- [How to complete this task]: Report how many lines below contain the word "from", giving the number and no other words.

- [Excerpted data]:

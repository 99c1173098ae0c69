-- ===== src/RtmpServer/Socket.antt =====
-- Exact reads and writes on a socket: `rtmp_read_bytes` and `rtmp_write_bytes` of
-- src/modules/rtmp_server/rtmp_server.c.
pub mod Streams
pub mod Programs
use strero.Prelude.{
  ℕ, zero, suc, ◌+◌, ◌-◌, ◌≤◌, Bool, true, false, ◌||◌, List, [], ◌∷◌, ◌++◌, leb, ltb, ◌==◌,
  if◌then◌else◌, length, drop, Bytes, ℤ, pos, negsuc, minus_one,
}
use strero.RtmpServer.{Received, received, recv_failed, Wire}

-- A step that fails stands for a return with that number from the function that makes it.
pub data Outcome (A : Type 0) : Type 0 where
  done : A → Outcome A
  returned : ℤ → Outcome A

abbrev pub M : Type 0 → Type 0 → Type 0
M W A = W → Outcome A × W

abbrev pub continue : {W A B : Type 0} → (A → M W B) → Outcome A × W → Outcome B × W
continue f (done a, w) = f a w
continue f (returned code, w) = (returned code, w)

infixl 5 ◌>>=◌ ◌>>◌
abbrev pub ◌>>=◌ : {W A B : Type 0} → M W A → (A → M W B) → M W B
◌>>=◌ m f w = continue f (m w)

abbrev pub ◌>>◌ : {W A B : Type 0} → M W A → M W B → M W B
◌>>◌ m k = m >>= λ _. k

abbrev pub pure : {W A : Type 0} → A → M W A
pure a w = (done a, w)

-- A round of the loop of rtmp_read_bytes: 0 at the end of the stream, -1 on an error.
unfoldable pub after_recv : {W : Type 0} → (ℕ → M W Bytes) → ℕ → Received × W → Outcome Bytes × W
after_recv later left (recv_failed, w) = (returned minus_one, w)
after_recv later left (received [], w) = (returned (pos 0), w)
after_recv later left (received (b ∷ bs), w) =
    continue (λ rest. pure ((b ∷ bs) ++ rest)) (later (left - length (b ∷ bs)) w)

-- A round of the loop of rtmp_write_bytes.
unfoldable pub after_send :
    {W : Type 0} → (Bytes → M W (Unit {0})) → Bytes → ℤ × W → Outcome (Unit {0}) × W
after_send later bytes (negsuc n, w) = (returned minus_one, w)
after_send later bytes (pos zero, w) = (returned minus_one, w)
after_send later bytes (pos (suc n), w) = later (drop (suc n) bytes) w

module _ {W : Type 0} (wire : Wire W) (fd : ℤ) where
  -- The loop of rtmp_read_bytes, with `left` bytes to come: every round takes one or more, so that
  -- `left` rounds are enough.
  unfoldable pub read_loop : ℕ → ℕ → M W Bytes
  read_loop zero left w = (done [], w)
  read_loop (suc rounds) zero w = (done [], w)
  read_loop (suc rounds) (suc left) w =
      after_recv (read_loop rounds) (suc left) (wire.recv fd (suc left) w)

  -- The bytes, 0 at the end of the stream, or -1.
  unfoldable pub rtmp_read_bytes : ℕ → M W Bytes
  rtmp_read_bytes count = read_loop count count

  unfoldable pub write_loop : ℕ → Bytes → M W (Unit {0})
  write_loop zero bytes w = (done tt, w)
  write_loop (suc rounds) [] w = (done tt, w)
  write_loop (suc rounds) (b ∷ bytes) w =
      after_send (write_loop rounds) (b ∷ bytes) (wire.send fd (b ∷ bytes) w)

  unfoldable pub rtmp_write_bytes : Bytes → M W (Unit {0})
  rtmp_write_bytes bytes = write_loop (length bytes) bytes
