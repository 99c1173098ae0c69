-- ===== src/RtmpServer/Chunks.antt =====
-- The chunks of a message: `rtmp_read_chunk_header`, `rtmp_chunk_read`, `rtmp_write_chunk_header`
-- and `rtmp_chunk_write` of src/modules/rtmp_server/rtmp_server.c.
pub mod Bounds
pub mod Writing
pub mod RoundTrip
pub mod Transfer
use strero.Prelude.{
  ℕ, zero, suc, ◌+◌, ◌-◌, ◌*◌, ◌/◌, ◌%◌, ◌≤◌, Bool, true, false, Option, none, some, List, [], ◌∷◌,
  ◌++◌, leb, ltb, ◌==◌, if◌then◌else◌, length, take, drop, set, get_or, Bytes, ℤ, pos, minus_one,
}
use strero.RtmpServer.{
  ChunkHeader, Message, Connection, Wire, be24, be32, le32, read_be24, read_be32, read_le32,
}
use strero.RtmpServer.Socket.{
  Outcome, done, returned, M, continue, ◌>>=◌, ◌>>◌, pure, rtmp_read_bytes, rtmp_write_bytes,
}

abbrev pub no_header : ChunkHeader
no_header = record {
  fmt = 0;
  chunk_stream_id = 0;
  timestamp = 0;
  message_length = 0;
  message_type_id = 0;
  message_stream_id = 0;
}

-- Whatever a read returned for an error, the caller returns `code`.
unfoldable pub or_return : {W A : Type 0} → ℤ → Outcome A × W → Outcome A × W
or_return code (done a, w) = (done a, w)
or_return code (returned _, w) = (returned code, w)

module _ {W : Type 0} (wire : Wire W) (fd : ℤ) where
  unfoldable pub read_or : ℤ → ℕ → M W Bytes
  read_or code count w = or_return code (rtmp_read_bytes wire fd count w)

  -- The chunk stream ID of one, two or three bytes.
  unfoldable pub read_stream_id : ℕ → M W ℕ
  read_stream_id id =
      if id == 0
      then (do b ← read_or minus_one 1; pure (get_or b 0 0 + 64))
      else if id == 1
      then (do b ← read_or minus_one 2; pure (get_or b 1 0 * 256 + get_or b 0 0 + 64))
      else pure id

  -- A timestamp of three bytes, or of four more behind 0xFFFFFF.
  unfoldable pub read_timestamp : ℕ → M W ℕ
  read_timestamp t =
      if t == 16777215 then (do e ← read_or minus_one 4; pure (read_be32 e 0)) else pure t

  -- The same of a delta, which is added.
  unfoldable pub read_delta : ℕ → ℕ → M W ℕ
  read_delta t delta =
      if delta == 16777215
      then (do
        e ← read_or minus_one 4
        pure (((t + delta) % 4294967296 + 4294967296 - delta + read_be32 e 0) % 4294967296))
      else pure ((t + delta) % 4294967296)

  unfoldable pub read_type_0 : ChunkHeader → M W ChunkHeader
  read_type_0 h = do
    m ← read_or minus_one 11
    t ← read_timestamp (read_be24 m 0)
    pure (record h {
      timestamp = t;
      message_length = read_be24 m 3;
      message_type_id = get_or m 6 0;
      message_stream_id = read_le32 m 7;
    })

  unfoldable pub read_type_1 : ChunkHeader → M W ChunkHeader
  read_type_1 h = do
    m ← read_or minus_one 7
    t ← read_delta h.timestamp (read_be24 m 0)
    pure
        (record h { timestamp = t; message_length = read_be24 m 3; message_type_id = get_or m 6 0 })

  unfoldable pub read_type_2 : ChunkHeader → M W ChunkHeader
  read_type_2 h = do
    m ← read_or minus_one 3
    t ← read_delta h.timestamp (read_be24 m 0)
    pure (record h { timestamp = t })

  unfoldable pub read_message_header : ChunkHeader → M W ChunkHeader
  read_message_header h =
      if h.fmt == 0
      then read_type_0 h
      else if h.fmt == 1
      then read_type_1 h
      else if h.fmt == 2
      then read_type_2 h
      else pure h

  unfoldable pub rtmp_read_chunk_header : ChunkHeader → M W ChunkHeader
  rtmp_read_chunk_header h = do
    b ← read_or (pos 0) 1
    id ← read_stream_id (get_or b 0 0 % 64)
    read_message_header (record h { fmt = get_or b 0 0 / 64 % 4; chunk_stream_id = id })

-- What a header of type 1, 2 or 3 takes from the one before in its chunk stream.
unfoldable pub inherit : ChunkHeader → ChunkHeader → ChunkHeader
inherit h last =
    if h.fmt == 1
    then record h { message_stream_id = last.message_stream_id }
    else if h.fmt == 2
    then record h {
      message_length = last.message_length;
      message_type_id = last.message_type_id;
      message_stream_id = last.message_stream_id;
    }
    else if h.fmt == 3
    then record h {
      timestamp = last.timestamp;
      message_length = last.message_length;
      message_type_id = last.message_type_id;
      message_stream_id = last.message_stream_id;
    }
    else h

-- What rtmp_chunk_read returns: 0 or -1, 1 with a message, or 2 with a part of one.
pub data ChunkRead : Type 0 where
  stopped : ℤ → ChunkRead
  complete : Message → ChunkRead
  partial : Message → ChunkRead

unfoldable pub classify : ChunkHeader → Bytes → ChunkRead
classify h payload =
    if leb h.message_length (length payload)
    then complete (record { header = h; payload = payload })
    else partial (record { header = h; payload = payload })

unfoldable pub chunk_data_size : ChunkHeader → ℕ → ℕ
chunk_data_size h chunk_size_in =
    if ltb chunk_size_in h.message_length then chunk_size_in else h.message_length

unfoldable pub after_payload : {W : Type 0} → ChunkHeader → Outcome Bytes × W → ChunkRead × W
after_payload h (done bytes, w) = (classify h bytes, w)
after_payload h (returned _, w) = (stopped minus_one, w)

-- The chunk's part of the payload. The message was cleared, so it has no payload yet.
unfoldable pub read_payload : {W : Type 0} → Wire W → Connection → ChunkHeader → W → ChunkRead × W
read_payload wire conn h w =
    if wire.malloc h.message_length w
    then after_payload h
        (rtmp_read_bytes wire conn.socket_fd (chunk_data_size h conn.chunk_size_in) w)
    else (stopped minus_one, w)

-- The headers of the 64 chunk streams are static: all connections share them.
unfoldable pub after_header :
    {W : Type 0}
    → Wire W
    → Connection
    → List ChunkHeader
    → Outcome ChunkHeader × W
    → List ChunkHeader × (ChunkRead × W)
after_header wire conn last (returned code, w) = (last, (stopped code, w))
after_header wire conn last (done h, w) =
    if ltb h.chunk_stream_id 64
    then (let h' = inherit h (get_or last h.chunk_stream_id no_header) in
        (set last h.chunk_stream_id h', read_payload wire conn h' w))
    else (last, read_payload wire conn h w)

-- It clears the message that it is given, also where that is a part that waits for more.
unfoldable pub rtmp_chunk_read :
    {W : Type 0} → Wire W → Connection → List ChunkHeader → W → List ChunkHeader × (ChunkRead × W)
rtmp_chunk_read wire conn last w =
    after_header wire conn last (rtmp_read_chunk_header wire conn.socket_fd no_header w)
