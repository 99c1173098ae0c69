-- ===== src/RtmpServer/Chunks/Bounds.antt =====
-- How many bytes `rtmp_chunk_read` of src/modules/rtmp_server/rtmp_server.c puts in a payload.
use strero.Prelude.{
  ℕ, zero, suc, ◌-◌, ◌≤◌, ◌<◌, ◌≡◌, refl, ◌∙◌, true, false, Bool-cases, inl, inr, List, [], ◌∷◌,
  ◌++◌, leb, ltb, ltb→lt, ltb-false, length, length-append, Bytes, ℤ, arith,
}
use strero.RtmpServer.{ChunkHeader, Connection, Received, received, recv_failed, Wire}
use strero.RtmpServer.Socket.{
  Outcome, done, returned, continue, pure, after_recv, read_loop, rtmp_read_bytes,
}
use strero.RtmpServer.Chunks.{
  no_header, rtmp_read_chunk_header, ChunkRead, stopped, complete, partial, classify,
  chunk_data_size, after_payload, read_payload, after_header, rtmp_chunk_read,
}

abbrev pub AtMost : ℕ → Received → Type 0
AtMost n (received bytes) = length bytes ≤ n
AtMost n recv_failed = Unit

-- POSIX: recv returns no more bytes than it is asked for.
abbrev pub IsBounded : {W : Type 0} → Wire W → Type 0
IsBounded {W} wire = (fd : ℤ) (n : ℕ) (w : W) → AtMost n (wire.recv fd n w).0

-- A read that ended has this many bytes.
abbrev HasLength : {W : Type 0} → ℕ → Outcome Bytes × W → Type 0
HasLength n (done bytes, w) = length bytes ≡ n
HasLength n (returned _, w) = Unit

-- A complete message has its whole payload, and that is no longer than a chunk; a part of a message
-- is one full chunk of it.
abbrev pub Fits : ℕ → ChunkRead → Type 0
Fits chunk_size_in (stopped _) = Unit
Fits chunk_size_in (complete m) =
    (length m.payload ≡ m.header.message_length) × (m.header.message_length ≤ chunk_size_in)
Fits chunk_size_in (partial m) =
    (length m.payload ≡ chunk_size_in) × (chunk_size_in < m.header.message_length)

HasLength-continue :
    {W : Type 0} (bytes : Bytes) (n : ℕ) (o : Outcome Bytes × W)
    → length bytes ≤ n
    → HasLength (n - length bytes) o
    → HasLength n (continue (λ rest. pure (bytes ++ rest)) o)
HasLength-continue bytes n (done rest, w) h has = omega (arith, length-append bytes rest)
HasLength-continue bytes n (returned code, w) h has = tt

after_recv-HasLength :
    {W : Type 0} (later : ℕ → W → Outcome Bytes × W) (n : ℕ) (o : Received × W)
    → AtMost n o.0
    → ((m : ℕ) (w : W) → m < n → HasLength m (later m w))
    → HasLength n (after_recv later n o)
unfolding after_recv
after_recv-HasLength later n (recv_failed, w) h ih = tt
after_recv-HasLength later n (received [], w) h ih = tt
after_recv-HasLength later n (received (b ∷ bs), w) h ih =
    HasLength-continue (b ∷ bs) n (later (n - length (b ∷ bs)) w) h
      (ih (n - length (b ∷ bs)) w (omega arith))

module _ {W : Type 0} (wire : Wire W) (bounded : IsBounded wire) where
  read_loop-HasLength :
      (fd : ℤ) (rounds left : ℕ) (w : W)
      → left ≤ rounds
      → HasLength left (read_loop wire fd rounds left w)
  unfolding read_loop after_recv
  read_loop-HasLength fd zero zero w h = refl
  read_loop-HasLength fd zero (suc left) w h = elim h [ ]
  read_loop-HasLength fd (suc rounds) zero w h = refl
  read_loop-HasLength fd (suc rounds) (suc left) w h =
      after_recv-HasLength (read_loop wire fd rounds) (suc left) (wire.recv fd (suc left) w)
        (bounded fd (suc left) w) (λ m w' less. read_loop-HasLength fd rounds m w' (omega arith))

  after_payload-Fits :
      (chunk_size_in : ℕ) (h : ChunkHeader) (o : Outcome Bytes × W)
      → HasLength (chunk_data_size h chunk_size_in) o
      → Fits chunk_size_in (after_payload h o).0
  unfolding after_payload classify chunk_data_size
  after_payload-Fits chunk_size_in h (returned code, w) has = tt
  after_payload-Fits chunk_size_in h (done bytes, w) has =
      elim (Bool-cases (ltb chunk_size_in h.message_length)) [
        | inl longer ↦
            let size : length bytes ≡ chunk_size_in = has ∙ rw longer refl in
            let part : leb h.message_length (length bytes) ≡ false =
              ground (arith, ltb→lt _ _ longer) in
            rw (part, classify) (size, ltb→lt _ _ longer)
        | inr short ↦
            let size : length bytes ≡ h.message_length = has ∙ rw short refl in
            let whole : leb h.message_length (length bytes) ≡ true = ground (arith, size) in
            rw (whole, classify) (size, ltb-false _ _ short)
      ]

  read_payload-Fits :
      (conn : Connection) (h : ChunkHeader) (w : W)
      → Fits conn.chunk_size_in (read_payload wire conn h w).0
  unfolding read_payload rtmp_read_bytes
  read_payload-Fits conn h w = elim (Bool-cases (wire.malloc h.message_length w)) [
    | inl memory ↦ rw memory (
        after_payload-Fits conn.chunk_size_in h _ (
          read_loop-HasLength conn.socket_fd _ (chunk_data_size h conn.chunk_size_in) w
            (omega arith)))
    | inr none_left ↦ rw none_left tt
  ]

  after_header-Fits :
      (conn : Connection) (last : List ChunkHeader) (o : Outcome ChunkHeader × W)
      → Fits conn.chunk_size_in (after_header wire conn last o).1.0
  unfolding after_header
  after_header-Fits conn last (returned code, w) = tt
  after_header-Fits conn last (done h, w) = elim (Bool-cases (ltb h.chunk_stream_id 64)) [
    | inl low ↦ rw low (read_payload-Fits conn _ w)
    | inr high ↦ rw high (read_payload-Fits conn h w)
  ]

  -- Whatever bytes come, `rtmp_chunk_read` returns 1 only for a message that is no longer than the
  -- chunk size, with its whole payload; a longer one ends with 2 and one chunk of its payload,
  -- also when this is not its first chunk. No payload has more bytes than were allocated.
  pub rtmp_chunk_read-Fits :
      (conn : Connection) (last : List ChunkHeader) (w : W)
      → Fits conn.chunk_size_in (rtmp_chunk_read wire conn last w).1.0
  unfolding rtmp_chunk_read
  rtmp_chunk_read-Fits conn last w =
      after_header-Fits conn last (rtmp_read_chunk_header wire conn.socket_fd no_header w)
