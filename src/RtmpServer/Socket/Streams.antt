-- ===== src/RtmpServer/Socket/Streams.antt =====
-- A socket whose peer stays connected, and what the exact reads and writes of
-- src/modules/rtmp_server/rtmp_server.c do on it.
use strero.Prelude.{
  ℕ, zero, suc, ◌+◌, ◌-◌, ◌≤◌, ◌<◌, ◌≡◌, refl, sym, ap, ◌∙◌, [], ◌∷◌, ◌++◌, append-nil,
  append_assoc, length, length-append, take, drop, length-drop, take-append-drop,
  take-append_length, drop-append_length, Bytes, ℤ, pos, arith,
}
use strero.RtmpServer.{received, Wire}
use strero.RtmpServer.Socket.{
  done, continue, pure, after_recv, after_send, read_loop, rtmp_read_bytes, write_loop,
  rtmp_write_bytes,
}

-- POSIX: while bytes have come, recv returns one or more of them, and no more than are asked for;
-- send on an open connection takes one or more of the bytes that it is given.
pub record Streams {W : Type 0} (wire : Wire W) (fd : ℤ) : Type 0 where
  pub pending : W → Bytes
  pub written : W → Bytes
  pub recv_some :
      (n : ℕ) (w : W)
      → 0 < n
      → 0 < length (pending w)
      → (b : ℕ) × (bs : Bytes) × (w' : W) × (wire.recv fd n w ≡ (received (b ∷ bs), w'))
        × (suc (length bs) ≤ n)
        × (pending w ≡ (b ∷ bs) ++ pending w')
        × (written w' ≡ written w)
  pub send_some :
      (bytes : Bytes) (w : W)
      → 0 < length bytes
      → (n : ℕ) × (w' : W) × (wire.send fd bytes w ≡ (pos (suc n), w'))
        × (suc n ≤ length bytes)
        × (written w' ≡ written w ++ take (suc n) bytes)
        × (pending w' ≡ pending w)

take-append_past :
    (n : ℕ) (xs ys : Bytes) → length xs ≤ n → take n (xs ++ ys) ≡ xs ++ take (n - length xs) ys
take-append_past n [] ys h = ap (λ m. take m ys) (omega arith)
take-append_past zero (x ∷ xs) ys h = elim h [ ]
take-append_past (suc n) (x ∷ xs) ys h =
    ap (λ l. x ∷ l) (take-append_past n xs ys (omega arith))
    ∙ ap (λ m. (x ∷ xs) ++ take m ys) (omega arith)

drop-append_past :
    (n : ℕ) (xs ys : Bytes) → length xs ≤ n → drop n (xs ++ ys) ≡ drop (n - length xs) ys
drop-append_past n [] ys h = ap (λ m. drop m ys) (omega arith)
drop-append_past zero (x ∷ xs) ys h = elim h [ ]
drop-append_past (suc n) (x ∷ xs) ys h =
    drop-append_past n xs ys (omega arith) ∙ ap (λ m. drop m ys) (omega arith)

module _ {W : Type 0} (wire : Wire W) (fd : ℤ) (s : Streams wire fd) where
  read_loop_lem :
      (rounds left : ℕ) (w : W)
      → left ≤ rounds
      → left ≤ length (s.pending w)
      → (w' : W) × (read_loop wire fd rounds left w ≡ (done (take left (s.pending w)), w'))
        × (s.pending w' ≡ drop left (s.pending w))
        × (s.written w' ≡ s.written w)
  unfolding read_loop after_recv
  read_loop_lem zero zero w h enough = (w, refl, refl, refl)
  read_loop_lem zero (suc left) w h enough = elim h [ ]
  read_loop_lem (suc rounds) zero w h enough = (w, refl, refl, refl)
  read_loop_lem (suc rounds) (suc left) w h enough =
      let (b, bs, w1, ran, few, split, kept) =
        s.recv_some (suc left) w (omega arith) (omega arith) in
      let size : length (s.pending w) ≡ suc (length bs) + length (s.pending w1) =
        ap length split ∙ length-append (b ∷ bs) (s.pending w1) in
      let (w2, later, rest, kept2) =
        read_loop_lem rounds (suc left - suc (length bs)) w1 (omega arith) (omega arith) in
      (
        w2,
        ap (after_recv (read_loop wire fd rounds) (suc left)) ran
            ∙ ap (continue (λ rest. pure ((b ∷ bs) ++ rest))) later
            ∙ ap (λ l. (done l, w2))
                (sym (take-append_past (suc left) (b ∷ bs) (s.pending w1) (omega arith))
                  ∙ ap (take (suc left)) (sym split)),
        rest
            ∙ sym (drop-append_past (suc left) (b ∷ bs) (s.pending w1) (omega arith))
            ∙ ap (drop (suc left)) (sym split),
        kept2 ∙ kept,
      )

  write_loop_lem :
      (rounds : ℕ) (bytes : Bytes) (w : W)
      → length bytes ≤ rounds
      → (w' : W) × (write_loop wire fd rounds bytes w ≡ (done tt, w'))
        × (s.pending w' ≡ s.pending w)
        × (s.written w' ≡ s.written w ++ bytes)
  unfolding write_loop after_send
  write_loop_lem zero [] w h = (w, refl, refl, sym (append-nil _))
  write_loop_lem zero (b ∷ bytes) w h = elim h [ ]
  write_loop_lem (suc rounds) [] w h = (w, refl, refl, sym (append-nil _))
  write_loop_lem (suc rounds) (b ∷ bytes) w h =
      let (n, w1, ran, few, wrote, kept) = s.send_some (b ∷ bytes) w (omega arith) in
      let (w2, later, kept2, wrote2) =
        write_loop_lem rounds (drop (suc n) (b ∷ bytes)) w1
          (omega (arith, length-drop (suc n) (b ∷ bytes))) in
      (
        w2,
        ap (after_send (write_loop wire fd rounds) (b ∷ bytes)) ran ∙ later,
        kept2 ∙ kept,
        wrote2
            ∙ ap (λ l. l ++ drop (suc n) (b ∷ bytes)) wrote
            ∙ append_assoc (s.written w) _ _
            ∙ ap (λ l. s.written w ++ l) (take-append-drop (suc n) (b ∷ bytes)),
      )

  -- While `bytes` are what comes next, an exact read of as many takes them.
  pub rtmp_read_bytes_lem :
      (bytes rest : Bytes) (w : W)
      → s.pending w ≡ bytes ++ rest
      → (w' : W) × (rtmp_read_bytes wire fd (length bytes) w ≡ (done bytes, w'))
        × (s.pending w' ≡ rest)
        × (s.written w' ≡ s.written w)
  unfolding rtmp_read_bytes
  rtmp_read_bytes_lem bytes rest w e =
      let (w', ran, left, kept) =
        read_loop_lem (length bytes) (length bytes) w (omega arith)
          (omega (arith, ap length e, length-append bytes rest)) in
      (
        w',
        ran ∙ ap (λ l. (done l, w')) (ap (take (length bytes)) e ∙ take-append_length bytes rest),
        left ∙ ap (drop (length bytes)) e ∙ drop-append_length bytes rest,
        kept,
      )

  -- An exact write appends the bytes.
  pub rtmp_write_bytes_lem :
      (bytes : Bytes) (w : W)
      → (w' : W) × (rtmp_write_bytes wire fd bytes w ≡ (done tt, w'))
        × (s.pending w' ≡ s.pending w)
        × (s.written w' ≡ s.written w ++ bytes)
  unfolding rtmp_write_bytes
  rtmp_write_bytes_lem bytes w = write_loop_lem (length bytes) bytes w (omega arith)
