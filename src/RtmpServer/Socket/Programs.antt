-- ===== src/RtmpServer/Socket/Programs.antt =====
-- What a sequence of exact reads and writes of src/modules/rtmp_server/rtmp_server.c does on a
-- socket whose peer stays connected: the bytes it takes, and the bytes it appends.
use strero.Prelude.{
  ◌≡◌, refl, sym, ap, subst, ◌∙◌, Bool, true, false, [], ◌++◌, append-nil, append_assoc,
  if◌then◌else◌, length, Bytes, ℤ,
}
use strero.RtmpServer.{Wire}
use strero.RtmpServer.Socket.{
  done, M, continue, ◌>>=◌, ◌>>◌, pure, rtmp_read_bytes, rtmp_write_bytes,
}
use strero.RtmpServer.Socket.Streams.{Streams, rtmp_read_bytes_lem, rtmp_write_bytes_lem}

module _ {W : Type 0} {wire : Wire W} {fd : ℤ} (s : Streams wire fd) where
  -- A program that takes these bytes from the stream and ends with this value.
  abbrev pub Reads : {A : Type 0} → M W A → Bytes → A → Type 0
  Reads m bytes a =
      (w : W) (rest : Bytes)
      → s.pending w ≡ bytes ++ rest
      → (w' : W) × (m w ≡ (done a, w')) × (s.pending w' ≡ rest) × (s.written w' ≡ s.written w)

  pub Reads-pure : {A : Type 0} (a : A) → Reads (pure a) [] a
  Reads-pure a w rest e = (w, refl, e, refl)

  pub Reads-bind :
      {A B : Type 0} (m : M W A) (f : A → M W B) (xs ys : Bytes) (a : A) (b : B)
      → Reads m xs a
      → Reads (f a) ys b
      → Reads (m >>= f) (xs ++ ys) b
  Reads-bind m f xs ys a b first second w rest e =
      let (w1, ran, left, kept) = first w (ys ++ rest) (e ∙ append_assoc xs ys rest) in
      let (w2, ran2, left2, kept2) = second w1 rest left in
      (w2, ap (continue f) ran ∙ ran2, left2, kept2 ∙ kept)

  pub Reads-bytes : (bytes : Bytes) → Reads (rtmp_read_bytes wire fd (length bytes)) bytes bytes
  Reads-bytes bytes w rest e = rtmp_read_bytes_lem wire fd s bytes rest w e

  pub Reads-value :
      {A : Type 0} (m : M W A) (bytes : Bytes) (a b : A) → a ≡ b → Reads m bytes a → Reads m bytes b
  Reads-value m bytes a b e reads = subst (λ v. Reads m bytes v) e reads

  -- A read and a value that is computed from it.
  pub Reads-map :
      {A B : Type 0} (m : M W A) (f : A → B) (bytes : Bytes) (a : A) (b : B)
      → Reads m bytes a
      → f a ≡ b
      → Reads (m >>= λ x. pure (f x)) bytes b
  Reads-map m f bytes a b reads e =
      Reads-value (m >>= λ x. pure (f x)) bytes (f a) b e (λ w rest pending.
        let (w', ran, left, kept) = reads w rest pending in
        (w', ap (continue (λ x. pure (f x))) ran, left, kept))

  -- A program that appends these bytes to what the peer gets.
  abbrev pub Writes : M W (Unit {0}) → Bytes → Type 0
  Writes m bytes =
      (w : W)
      → (w' : W) × (m w ≡ (done tt, w'))
        × (s.pending w' ≡ s.pending w)
        × (s.written w' ≡ s.written w ++ bytes)

  pub Writes-pure : Writes (pure tt) []
  Writes-pure w = (w, refl, refl, sym (append-nil _))

  pub Writes-then :
      (m k : M W (Unit {0})) (xs ys : Bytes)
      → Writes m xs
      → Writes k ys
      → Writes (m >> k) (xs ++ ys)
  Writes-then m k xs ys first second w =
      let (w1, ran, kept, wrote) = first w in
      let (w2, ran2, kept2, wrote2) = second w1 in
      (
        w2,
        ap (continue (λ _. k)) ran ∙ ran2,
        kept2 ∙ kept,
        wrote2 ∙ ap (λ l. l ++ ys) wrote ∙ append_assoc (s.written w) xs ys,
      )

  pub Writes-bytes : (bytes : Bytes) → Writes (rtmp_write_bytes wire fd bytes) bytes
  Writes-bytes bytes w = rtmp_write_bytes_lem wire fd s bytes w

  pub Writes-if :
      (test : Bool) (m k : M W (Unit {0})) (xs ys : Bytes)
      → Writes m xs
      → Writes k ys
      → Writes (if test then m else k) (if test then xs else ys)
  Writes-if true m k xs ys yes_case no_case = yes_case
  Writes-if false m k xs ys yes_case no_case = no_case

- [Finished exercise]: 4